Na primeira noite em que Mel voltou do hospital para casa, coloquei um alarme no telefone para acordar a cada duas horas para ter certeza de que ela estava bem. Ninguém me pediu para fazer isso. Não era esperado. Nenhum médico me disse para fazer isso. Mas eu cheguei tão perto de perdê-la, e ela estava tão doente, que o pensamento de que as coisas piorassem durante a noite – e eu dormir durante isso – parecia quase tão aterrorizante quanto na primeira noite que ela passou na UTI unidade.

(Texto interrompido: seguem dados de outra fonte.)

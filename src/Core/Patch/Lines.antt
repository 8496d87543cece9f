-- ===== src/Core/Patch/Lines.antt =====
-- From the text of a file to its lines and back (`apply_patch` of patch.rs).
use role_n.Prelude.{
  ℕ, ◌≡◌, refl, ap, ◌∙◌, ◌≢◌, inl, inr, false, true, List, [], ◌∷◌, ◌++◌, map, eqb, eqb_iff,
  contains, nat_eq, Bool-cases, arith,
}
use role_n.Core.Types.{Text}
use role_n.Core.Text.{cons_head, split, split_by, join, strip_cr, ends_with}
use role_n.Core.Text.Split.{split-cons, join-split, join-cons_head, join-nil_cons}
use role_n.Core.Patch.{pop_empty, old_lines, finish}

strip_cr-cons : (c : ℕ) (line : Text) → eqb c 13 ≡ false → strip_cr (c ∷ line) ≡ c ∷ strip_cr line
unfolding strip_cr
strip_cr-cons c [] h = rw h
strip_cr-cons c (d ∷ line) h = refl

map-cons_head :
    (c : ℕ) (ls : List Text)
    → eqb c 13 ≡ false
    → map strip_cr (cons_head c ls) ≡ cons_head c (map strip_cr ls)
unfolding cons_head strip_cr
map-cons_head c [] h = rw h
map-cons_head c (l ∷ ls) h = ap (λ x. x ∷ map strip_cr ls) (strip_cr-cons c l h)

-- A text without carriage returns is not changed by stripping them.
strip_cr-split :
    (text : Text) → contains text 13 ≡ false → map strip_cr (split b'\n' text) ≡ split b'\n' text
unfolding split split_by strip_cr
strip_cr-split [] h = refl
strip_cr-split (c ∷ text) h =
    let rest = strip_cr-split text (ground arith) in
    elim (Bool-cases (eqb b'\n' c)) [
      | inl e ↦ rw e (ap (λ ls. [] ∷ ls) rest)
      | inr e ↦ rw e (map-cons_head c (split b'\n' text) (ground arith) ∙ ap (cons_head c) rest)
    ]

-- A text that ends in a newline splits into two pieces at least.
split-ends_with :
    (text : Text)
    → ends_with b'\n' text ≡ true
    → (a : Text) × (b : Text) × (ls : List Text) × (split b'\n' text ≡ a ∷ b ∷ ls)
unfolding ends_with cons_head
split-ends_with [] h = cc
split-ends_with (c ∷ []) h = ([], [], [], unfold split split_by in rw h)
split-ends_with (c ∷ d ∷ text) h =
    let (a, b, ls, e) = split-ends_with (d ∷ text) h in
    elim (Bool-cases (eqb b'\n' c)) [
      | inl t ↦ ([], a, b ∷ ls, ground (arith, e, split-cons b'\n' c (d ∷ text)))
      | inr t ↦ (c ∷ a, b, ls, ground (arith, e, split-cons b'\n' c (d ∷ text)))
    ]

pop_empty-cons_head :
    (c : ℕ) (a b : Text) (ls : List Text)
    → pop_empty (cons_head c (a ∷ b ∷ ls)) ≡ cons_head c (pop_empty (a ∷ b ∷ ls))
unfolding pop_empty cons_head
pop_empty-cons_head c [] b ls = refl
pop_empty-cons_head c (d ∷ a) b ls = refl

pop_empty-nil_cons :
    (a b : Text) (ls : List Text) → pop_empty ([] ∷ a ∷ b ∷ ls) ≡ [] ∷ pop_empty (a ∷ b ∷ ls)
unfolding pop_empty
pop_empty-nil_cons a b ls = refl

pop_empty-ne : (a b : Text) (ls : List Text) → pop_empty (a ∷ b ∷ ls) ≢ []
unfolding pop_empty
pop_empty-ne [] b ls = ground arith
pop_empty-ne (c ∷ a) b ls = ground arith

-- Without the phantom line, joining leaves out the last newline and nothing else.
join-pop_empty :
    (text : Text)
    → ends_with b'\n' text ≡ true
    → join b'\n' (pop_empty (split b'\n' text)) ++ b'\n' ∷ [] ≡ text
unfolding ends_with
join-pop_empty [] h = cc
join-pop_empty (c ∷ []) h =
    unfold split split_by pop_empty join in rw h (ground (arith, eqb_iff b'\n' c))
join-pop_empty (c ∷ d ∷ text) h =
    let (a, b, ls, e) = split-ends_with (d ∷ text) h in
    let rest = join-pop_empty (d ∷ text) h in
    elim (Bool-cases (eqb b'\n' c)) [
      | inl t ↦
          rw
            (
              split-cons,
              t,
              e,
              pop_empty-nil_cons a b ls,
              join-nil_cons b'\n' (pop_empty (a ∷ b ∷ ls)) (pop_empty-ne a b ls),
            )
            (ground (arith, rest, e, eqb_iff b'\n' c))
      | inr t ↦
          rw
            (
              split-cons,
              t,
              e,
              pop_empty-cons_head c a b ls,
              join-cons_head b'\n' c (pop_empty (a ∷ b ∷ ls)) (pop_empty-ne a b ls),
            )
            (ground (arith, rest, e))
    ]

-- A non-empty text without carriage returns is what `finish` makes of its own lines.
pub finish-old_lines :
    (old : Text) → old ≢ [] → contains old 13 ≡ false → finish old (old_lines old) ≡ old
unfolding finish old_lines
finish-old_lines old ne h = rw (strip_cr-split old h) (elim (Bool-cases (ends_with b'\n' old)) [
  | inl e ↦ ground (arith, e, join-pop_empty old e)
  | inr e ↦ ground (arith, e, ne, join-split b'\n' old)
])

Ela ficou no hospital por três semanas. Ela pegou pneumonia e se transformou em choque séptico. O hospital deu a ela três testes COVID; todos deram negativo. Eles a testaram para todo o resto imaginável, e finalmente foi determinado que ela tinha um vírus para o qual eles não têm um teste. Tudo correu mal – muito mal. Ficou séptico, sua pressão arterial caiu e, a certa altura, fomos informados de que, se tivéssemos esperado mais uma hora para levá-la ao hospital, ela teria morrido.

Como ela estava no hospital, a cada dia dando dois passos para frente em sua recuperação e depois um passo para trás, tudo que eu conseguia pensar era em levá-la para casa. E agora que ela está em casa, tudo que posso fazer é temer que ela possa, a qualquer momento, ter que voltar.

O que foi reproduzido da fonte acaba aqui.